Video Briefing

Offshore Citizen: What is an LLC? (Limited Liability Company)

Jul 30, 2020Video Briefing10:38Watch on YouTube

A limited liability company (LLC) is a U.S. business entity that combines the liability protection of a corporation with the flexible management and tax treatment of a partnership. It is distinct from a “limited company,” the term used in the UK, Canada, and many other jurisdictions.

Core characteristics

  • Members, not shareholders – Owners of an LLC are called members. An LLC can have a single member or many members.
  • Management options – An LLC may be member‑managed (members run day‑to‑day operations) or manager‑managed (a designated manager, who may be a member or an outside party, handles management).
  • Liability protection – Members are generally liable only for the amount they have contributed to the LLC; the entity’s assets are separate from personal assets.
  • Operating agreement – The internal rules governing voting, profit distribution, and management are set out in an operating agreement, which is not required by law but is strongly recommended.

Tax treatment

By default an LLC is treated as a disregarded entity (if it has one member) or as a partnership (if it has multiple members). In both cases the entity itself does not pay federal income tax; instead, income “flows through” to the members’ personal tax returns. This is similar to the default treatment of an S corporation.

  • Check‑the‑box election – An LLC can elect to be taxed as a corporation (C‑corp) by filing Form 8832. This changes the tax flow to the corporate level, after which dividends are taxed again when distributed to members.
  • Foreign member considerations – Tax treatment varies by the member’s residence.
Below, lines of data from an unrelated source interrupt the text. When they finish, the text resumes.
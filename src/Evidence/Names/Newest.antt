-- ===== src/Evidence/Names/Newest.antt =====
-- The newest artifact of a Requirement: what the choice promises.
use mathlib.Core.List.Memᴰ
use mathlib.Core.List.{Memᴰ, append-nil, append_assoc}
use mathlib.Core.Path.{subst}
use sdlc.Base.{
  ℕ, String, ◌≤◌, ◌≡◌, refl, sym, ap, ◌∙◌, ◌⊎◌, inl, inr, true, false, Option, none, some, List, [],
  ◌∷◌, ◌++◌, All, All-append, ltb, eqb, arith, Bool-cases, Option-cases,
}
use sdlc.NormativeTree.{DocumentNode}
use sdlc.Evidence.Names.{
  ResultKind, iteration_of, Numbered, has_number, collect_one, collect, newest_from, newest,
  newest_of, latest_artifact,
}

-- No later iteration than this one.
abbrev pub IsUpTo : ℕ → Option ℕ → Type 0
IsUpTo i none = Unit
IsUpTo i (some j) = j ≤ i

module _ (kind : ResultKind) (owner : Option String) where
  abbrev IsNamed : ℕ × DocumentNode → Type 0
  IsNamed (i, node) = iteration_of kind owner node ≡ some i

  -- A chosen artifact is one of these, its name has its number, and no name has a later number.
  pub record IsLatest (nodes : List DocumentNode) (i : ℕ) (node : DocumentNode) : Type 0 where
    pub here_is : Memᴰ node nodes
    pub named : iteration_of kind owner node ≡ some i
    pub latest : All (λ n. IsUpTo i (iteration_of kind owner n)) nodes

  abbrev Holds : Option ℕ → Numbered → Type 0
  Holds none found = Unit
  Holds (some i) found = has_number i found ≡ true

  record Collected (seen : List DocumentNode) (found : Numbered) : Type 0 where
    entries : All (λ e. IsNamed e × Memᴰ e.1 seen) found
    complete : All (λ n. Holds (iteration_of kind owner n) found) seen

  -- Two artifacts, one behind the other, carry this iteration.
  pub record IsTwice (nodes : List DocumentNode) (i : ℕ) : Type 0 where
    pub earlier : List DocumentNode
    pub later : List DocumentNode
    pub parts : earlier ++ later ≡ nodes
    pub first : DocumentNode
    pub second : DocumentNode
    pub first_in : Memᴰ first earlier
    pub second_in : Memᴰ second later
    pub first_named : iteration_of kind owner first ≡ some i
    pub second_named : iteration_of kind owner second ≡ some i

  abbrev Collects : List DocumentNode → Numbered ⊎ ℕ → Type 0
  Collects all (inl found) = Collected all found
  Collects all (inr i) = IsTwice all i

  has_number-append :
      (i : ℕ) (xs : Numbered) (y : ℕ × DocumentNode)
      → has_number i xs ≡ true
      → has_number i (xs ++ y ∷ []) ≡ true
  has_number-append i [] y h = cc
  has_number-append i ((j, n) ∷ xs) y h = elim (Bool-cases (eqb j i)) [
    | inl t ↦ rw t refl
    | inr f ↦ rw f (has_number-append i xs y (rw f at h))
  ]

  has_number-last :
      (i : ℕ) (n : DocumentNode) (xs : Numbered) → has_number i (xs ++ (i, n) ∷ []) ≡ true
  has_number-last i n [] = ground arith
  has_number-last i n ((j, m) ∷ xs) = elim (Bool-cases (eqb j i)) [
    | inl t ↦ rw t refl
    | inr f ↦ rw f (has_number-last i n xs)
  ]

  Holds-append :
      (o : Option ℕ) (xs : Numbered) (y : ℕ × DocumentNode) → Holds o xs → Holds o (xs ++ y ∷ [])
  Holds-append none xs y h = tt
  Holds-append (some i) xs y h = has_number-append i xs y h

  widen :
      (seen : List DocumentNode) (node : DocumentNode) (found : Numbered)
      → All (λ e. IsNamed e × Memᴰ e.1 seen) found
      → All (λ e. IsNamed e × Memᴰ e.1 (seen ++ node ∷ [])) found
  widen seen node [] h = tt
  widen seen node (e ∷ found) ((named, m), h) =
      ((named, Memᴰ.append_left (node ∷ []) m), widen seen node found h)

  deepen :
      (nodes : List DocumentNode) (found : Numbered) (y : ℕ × DocumentNode)
      → All (λ n. Holds (iteration_of kind owner n) found) nodes
      → All (λ n. Holds (iteration_of kind owner n) (found ++ y ∷ [])) nodes
  deepen [] found y h = tt
  deepen (n ∷ nodes) found y h =
      (Holds-append (iteration_of kind owner n) found y h.0, deepen nodes found y h.1)

  -- An entry under a number that was found is an artifact of that number.
  find_number :
      (i : ℕ) (seen : List DocumentNode) (found : Numbered)
      → has_number i found ≡ true
      → All (λ e. IsNamed e × Memᴰ e.1 seen) found
      → (n : DocumentNode) × Memᴰ n seen × (iteration_of kind owner n ≡ some i)
  find_number i seen [] h all = cc
  find_number i seen ((j, n) ∷ found) h ((named, m), all) = elim (Bool-cases (eqb j i)) [
    | inl t ↦ (n, m, named ∙ ap some (ground arith))
    | inr f ↦ find_number i seen found (rw f at h) all
  ]

  collect-Collects :
      (seen rest : List DocumentNode) (found : Numbered)
      → Collected seen found
      → Collects (seen ++ rest) (collect kind owner rest found)
  unfolding collect collect_one
  collect-Collects seen [] found c = subst (λ l. Collected l found) (sym (append-nil seen)) c
  collect-Collects seen (node ∷ rest) found c =
      let all_is = append_assoc seen (node ∷ []) rest in
      elim (Option-cases (iteration_of kind owner node)) [
        | inl unnamed ↦
            let next = collect-Collects (seen ++ node ∷ []) rest found (record {
              entries = widen seen node found c.entries;
              complete = All-append _ seen (node ∷ []) c.complete (rw unnamed tt, tt);
            }) in
            rw unnamed (subst (λ l. Collects l (collect kind owner rest found)) all_is next)
        | inr (i, named) ↦ elim (Bool-cases (has_number i found)) [
          | inl twice ↦
              let (first, m, is) = find_number i seen found twice c.entries in
              rw (named, twice)
                (record {
                  earlier = seen;
                  later = node ∷ rest;
                  parts = refl;
                  first = first;
                  second = node;
                  first_in = m;
                  second_in = Memᴰ.head refl;
                  first_named = is;
                  second_named = named;
                })
          | inr new ↦
              let more = found ++ (i, node) ∷ [] in
              let next = collect-Collects (seen ++ node ∷ []) rest more (record {
                entries =
                    All-append _ found ((i, node) ∷ []) (widen seen node found c.entries)
                      ((named, Memᴰ.append_right seen (Memᴰ.head refl)), tt);
                complete =
                    All-append _ seen (node ∷ []) (deepen seen found (i, node) c.complete)
                      (rw named (has_number-last i node found), tt);
              }) in
              rw (named, new) (subst (λ l. Collects l (collect kind owner rest more)) all_is next)
        ]
      ]

  -- An entry with a property, up to which the first one and the others are.
  abbrev IsTop :
      (ℕ × DocumentNode → Type 0) → ℕ × DocumentNode → Numbered → ℕ × DocumentNode → Type 0
  IsTop P first nodes e = P e × (first.0 ≤ e.0) × All (λ x. x.0 ≤ e.0) nodes

  newest_from-IsTop :
      (P : ℕ × DocumentNode → Type 0) (best : ℕ × DocumentNode) (nodes : Numbered)
      → P best
      → All P nodes
      → IsTop P best nodes (newest_from best nodes)
  unfolding newest_from
  newest_from-IsTop P best [] p h = (p, omega arith, tt)
  newest_from-IsTop P (i, node) ((j, other) ∷ nodes) p h =
      let goal : ℕ × DocumentNode → Type 0 =
        λ b. IsTop P (i, node) ((j, other) ∷ nodes) (newest_from b nodes) in
      elim (Bool-cases (ltb i j)) [
        | inl later ↦
            let (is, above, all) = newest_from-IsTop P (j, other) nodes h.0 h.1 in
            subst goal (rw later refl) (is, omega (arith, ltb→lt i j later, above), (above, all))
        | inr kept ↦
            let (is, above, all) = newest_from-IsTop P (i, node) nodes p h.1 in
            subst goal (rw kept refl) (is, above, (omega (arith, not_ltb i j kept, above), all))
      ]
    where
      ltb→lt : (a b : ℕ) → ltb a b ≡ true → a ≤ b
      ltb→lt a b h = ground arith

      not_ltb : (a b : ℕ) → ltb a b ≡ false → b ≤ a
      not_ltb a b h = ground arith

  number_below :
      (i k : ℕ) (found : Numbered) → has_number i found ≡ true → All (λ e. e.0 ≤ k) found → i ≤ k
  number_below i k [] h all = cc
  number_below i k ((j, n) ∷ found) h all = elim (Bool-cases (eqb j i)) [
    | inl t ↦ ground (arith, all.0)
    | inr f ↦ number_below i k found (rw f at h) all.1
  ]

  up_to :
      (k : ℕ) (found : Numbered) (nodes : List DocumentNode)
      → All (λ e. e.0 ≤ k) found
      → All (λ n. Holds (iteration_of kind owner n) found) nodes
      → All (λ n. IsUpTo k (iteration_of kind owner n)) nodes
  up_to k found [] below h = tt
  up_to k found (n ∷ nodes) below h =
      (one (iteration_of kind owner n) h.0, up_to k found nodes below h.1)
    where
      one : (o : Option ℕ) → Holds o found → IsUpTo k o
      one none held = tt
      one (some i) held = number_below i k found held below

  none_found :
      (nodes : List DocumentNode)
      → All (λ n. Holds (iteration_of kind owner n) []) nodes
      → All (λ n. iteration_of kind owner n ≡ none) nodes
  none_found [] h = tt
  none_found (n ∷ nodes) h = (one (iteration_of kind owner n) h.0, none_found nodes h.1)
    where
      one : (o : Option ℕ) → Holds o [] → o ≡ none
      one none held = refl
      one (some i) held = cc

  -- What the choice among these artifacts promises.
  abbrev pub Chooses : List DocumentNode → Option (ℕ × DocumentNode) ⊎ ℕ → Type 0
  Chooses nodes (inl none) = All (λ n. iteration_of kind owner n ≡ none) nodes
  Chooses nodes (inl (some (i, node))) = IsLatest nodes i node
  Chooses nodes (inr i) = IsTwice nodes i

  newest_of-Chooses :
      (nodes : List DocumentNode) (r : Numbered ⊎ ℕ)
      → Collects nodes r
      → Chooses nodes (newest_of r)
  unfolding newest_of newest
  newest_of-Chooses nodes (inr i) twice = twice
  newest_of-Chooses nodes (inl []) c = none_found nodes c.complete
  newest_of-Chooses nodes (inl (first ∷ more)) c =
      let ((named, m), above, all) =
        newest_from-IsTop (λ e. IsNamed e × Memᴰ e.1 nodes) first more c.entries.0 c.entries.1 in
      record {
        here_is = m;
        named = named;
        latest = up_to (newest_from first more).0 (first ∷ more) nodes (above, all) c.complete;
      }

  -- No artifact is chosen exactly when no name is of this Requirement and this kind; a chosen one is
  -- such an artifact with the greatest iteration; a refusal names an iteration that two carry.
  pub latest_artifact-Chooses :
      (nodes : List DocumentNode) → Chooses nodes (latest_artifact kind owner nodes)
  unfolding latest_artifact
  latest_artifact-Chooses nodes =
      newest_of-Chooses nodes (collect kind owner nodes [])
        (collect-Collects [] nodes [] (record { entries = tt; complete = tt }))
For example:
    • Canada treats a U.S. LLC as a corporation, limiting the ability to carry forward or back losses and creating mismatches between U.S. and Canadian tax reporting.
    • Australia, the UK, and other jurisdictions may have different rules, potentially resulting in “hybrid mismatch” situations where the same income is taxed in both countries.

When an LLC may be appropriate

Situation Why an LLC fits Potential drawbacks
U.S. sole proprietor (e.g., Amazon seller, digital service) Simple formation, pass‑through taxation, liability shield May need to file self‑employment taxes; S‑corp election could reduce payroll taxes
Foreign entrepreneur with U.S.‑source income Ability to avoid U.S. tax if no U.S. trade or business; easy access to U.S. banking and payment processors Home‑country tax authorities may treat the LLC as a corporation, limiting loss utilization
Real‑estate investor Ability to create a series LLC (multiple “sub‑LLCs” under one umbrella) for liability segregation Banks often do not recognize series structures, limiting financing options
Business planning to raise capital Clear ownership structure; can convert to C‑corp if needed C‑corp may be more attractive to investors; LLCs can be less familiar to venture capitalists

Comparison with other U.S. entities

  • C‑Corporation – Separate taxable entity; profits taxed at corporate rates, dividends taxed again at the shareholder level. Preferred when raising equity from multiple investors or when planning an IPO.
  • S‑Corporation – Pass‑through taxation like an LLC, but limited to 100 U.S. shareholders and must meet other eligibility criteria. Often chosen by U.S. sole traders to reduce self‑employment taxes.
  • Limited Company (UK/Canada) – Similar liability protection but distinct legal and tax regimes; not interchangeable with an LLC.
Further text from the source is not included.